Malaysia’s battle to be unshackled from its historical baggage and finish constructing the nation is mirrored elsewhere in south-east Asia — where, except in Thailand, independence was hard-won in the face of rapacious colonialism and the second world war. In Indonesia, the fundamental questions of Islam’s role in the state and the state’s role in the economy continue to loom large. In Myanmar, the key questions are who can be a citizen and who, apart from the military, can keep the country together.

In Malaysia, UMNO ruled from independence in 1957 until its unexpected toppling in 2018. It maintained its grip on power by exploiting racial fissures, delivering affirmative action for Malays and making rapid if uneven progress on economic development as crony capitalism boomed. UMNO was only ousted because of an unusual, and evidently unsustainable, coalition between Mr Mahathir and Mr Anwar’s multi-ethnic allies, who shared a loathing for the rampant graft on Mr Najib’s watch.

But even as he led the most diverse cabinet that Malaysia has ever seen, Mr Mahathir, a former UMNO stalwart, would not disavow his hardened racial views on the need to protect and prioritise the numerically dominant Malays.
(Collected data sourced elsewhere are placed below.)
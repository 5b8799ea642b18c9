-- ===== src/Ds/Lists/Ends.antt =====
-- The pushes and pops of `List`.
use lightdb.Common.Map.{assign, find-assign, find-insert, find-erase}
use lightdb.Common.{
  ◌+◌, Str, str_eq, str_eq_iff, str_eq_self, length, length-append, ◌≡◌, refl, Bool, true, false,
  some, List, [], ◌∷◌, ◌++◌, arith, if◌then◌else◌,
}
use lightdb.Ds.Lists.{
  Lists, items, literal_key, created, shrunk, l_key_exist, l_push, r_push, l_pop, r_pop, l_len,
  pop_front, pop_back, split_last,
}

pub l_len-items : (r : Lists) (key : Str) → l_len r key ≡ length (items r key)
unfolding l_len l_key_exist
l_len-items r key = ground arith

-- Creating the key leaves every list as it is, under the literal key too.
pub items-created : (r : Lists) (key k : Str) → items (created r key) k ≡ items r k
unfolding l_key_exist
items-created r key k = ground (arith, find-insert r literal_key k [], str_eq_iff literal_key k)

pub items-assign :
    (r : Lists) (key k : Str) (xs : List Str)
    → items (assign r key xs) k ≡ (if str_eq key k then xs else items r k)
items-assign r key k xs = ground (arith, find-assign r key k xs)

pub items-shrunk :
    (r : Lists) (key k : Str) (xs : List Str)
    → items (shrunk r key xs) k ≡ (if str_eq key k then xs else items r k)
items-shrunk r key k [] = ground (arith, find-erase (assign r key []) key k, find-assign r key k [])
items-shrunk r key k (x ∷ xs) = items-assign r key k (x ∷ xs)

module _ (r : Lists) (key val : Str) where
  -- `LPush` puts the value in front of the key's list and leaves the other lists.
  pub items-l_push :
      (k : Str)
      → items (l_push r key val).0 k ≡ (if str_eq key k then val ∷ items r key else items r k)
  unfolding l_push
  items-l_push k = ground (
    arith,
    items-assign (created r key) key k (val ∷ items (created r key) key),
    items-created r key key,
    items-created r key k,
  )

  pub items-r_push :
      (k : Str)
      → items (r_push r key val).0 k ≡ (if str_eq key k then items r key ++ val ∷ [] else items r k)
  unfolding r_push
  items-r_push k = ground (
    arith,
    items-assign (created r key) key k (items (created r key) key ++ val ∷ []),
    items-created r key key,
    items-created r key k,
  )

  -- Both pushes return the length that `LLen` then reports, one more than before.
  pub push_result :
      ((l_push r key val).1 ≡ l_len r key + 1)
      × ((r_push r key val).1 ≡ l_len r key + 1)
      × (l_len (l_push r key val).0 key ≡ l_len r key + 1)
      × (l_len (r_push r key val).0 key ≡ l_len r key + 1)
  unfolding l_push r_push
  push_result = (
    ground (arith, items-created r key key, l_len-items r key),
    ground (
      arith,
      items-created r key key,
      l_len-items r key,
      length-append (items (created r key) key) (val ∷ []),
    ),
    ground (
      arith,
      l_len-items r key,
      l_len-items (l_push r key val).0 key,
      items-l_push key,
      str_eq_self key,
    ),
    ground (
      arith,
      l_len-items r key,
      l_len-items (r_push r key val).0 key,
      items-r_push key,
      str_eq_self key,
      length-append (items r key) (val ∷ []),
    ),
  )

split_last-append : (xs : List Str) (x : Str) → split_last (xs ++ x ∷ []) ≡ some (xs, x)
unfolding split_last
split_last-append [] x = refl
split_last-append (y ∷ xs) x = rw (split_last-append xs x)

abbrev pub is_empty : List Str → Bool
is_empty [] = true
is_empty (x ∷ xs) = false

exists-shrunk :
    (r : Lists) (key : Str) (xs : List Str)
    → l_key_exist (shrunk r key xs) key ≡ (if is_empty xs then false else true)
unfolding l_key_exist
exists-shrunk r key [] = ground (arith, find-erase (assign r key []) key key, str_eq_self key)
exists-shrunk r key (x ∷ xs) = ground (arith, find-assign r key key (x ∷ xs), str_eq_self key)

exists_of_items :
    (r : Lists) (key : Str) (x : Str) (xs : List Str)
    → items r key ≡ x ∷ xs
    → l_key_exist r key ≡ true
unfolding l_key_exist
exists_of_items r key x xs h = ground arith

-- What a pop leaves: the rest of the key's list, the other lists, and the key while a rest is left.
pub record Popped (r r' : Lists) (key : Str) (rest : List Str) : Type 0 where
  pub lists : (k : Str) → items r' k ≡ (if str_eq key k then rest else items r k)
  pub key_left : l_key_exist r' key ≡ (if is_empty rest then false else true)

shrunk-Popped : (r : Lists) (key : Str) (rest : List Str) → Popped r (shrunk r key rest) key rest
shrunk-Popped r key rest = record {
  lists = λ k. items-shrunk r key k rest;
  key_left = exists-shrunk r key rest;
}

-- `LPop` on a list that is not empty returns its first element and leaves the rest; the key goes
-- with its last element.
pub l_pop_lem :
    (r : Lists) (key x : Str) (rest : List Str)
    → items r key ≡ x ∷ rest
    → (r' : Lists) × (l_pop r key ≡ some (r', some x)) × Popped r r' key rest
unfolding l_pop pop_front
l_pop_lem r key x rest h =
    (shrunk r key rest, rw (exists_of_items r key x rest h, h) refl, shrunk-Popped r key rest)

exists_of_append :
    (r : Lists) (key x : Str) (rest : List Str)
    → items r key ≡ rest ++ x ∷ []
    → l_key_exist r key ≡ true
exists_of_append r key x [] h = exists_of_items r key x [] h
exists_of_append r key x (y ∷ rest) h = exists_of_items r key y (rest ++ x ∷ []) h

-- `RPop` on a list that is not empty returns its last element and leaves the rest; the key goes
-- with its last element.
pub r_pop_lem :
    (r : Lists) (key x : Str) (rest : List Str)
    → items r key ≡ rest ++ x ∷ []
    → (r' : Lists) × (r_pop r key ≡ some (r', some x)) × Popped r r' key rest
unfolding r_pop pop_back
r_pop_lem r key x rest h = (
  shrunk r key rest,
  rw (exists_of_append r key x rest h, h, split_last-append) refl,
  shrunk-Popped r key rest,
)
More importantly, his government faced a backlash from Malay voters, losing a string of by-elections, as UMNO and its Islamist partners in opposition, PAS, stoked racial and religious tensions.

Now UMNO has in effect overturned its 2018 election defeat by becoming the biggest bloc in the coalition led by Mr Muhyiddin, a Malay nationalist who broke from the party in 2016. This is a disturbing setback. Even while Mr Mahathir’s coalition bickered over the leadership transition, it pushed for more accountable government, scaled back wasteful infrastructure projects and scrapped some authoritarian laws. Now, within hours of the old guard returning, civil society activists protesting against the power grab have already found themselves under investigation from the police for possible sedition.

All is not yet lost. Allies of Mr Mahathir and Mr Anwar question whether Mr Muhyiddin truly has majority support in parliament. The last government fell because of backroom machinations, not a coup. Malaysian voters, who in 2018 turfed out a sitting government for the first time, will have their say again at the next election, which is due by 2023.But it is clear that the dream of a post-racial Malaysia — “Truly Asia”, as the tourism adverts used to say — remains a dream.

South-east Asia once again finds itself on the frontline of competition between great powers, with the US and China vying for dominance. Yet Malaysia and some of its most important neighbours are turning inwards as they replay past struggles. Given the scale of the problems they have been bequeathed, they are unlikely to resolve them any time soon. Still, at least the people of Malaysia, Indonesia and Myanmar have more say in their futures than perhaps at any time in their history. There is much to fight for in these unfinished nations.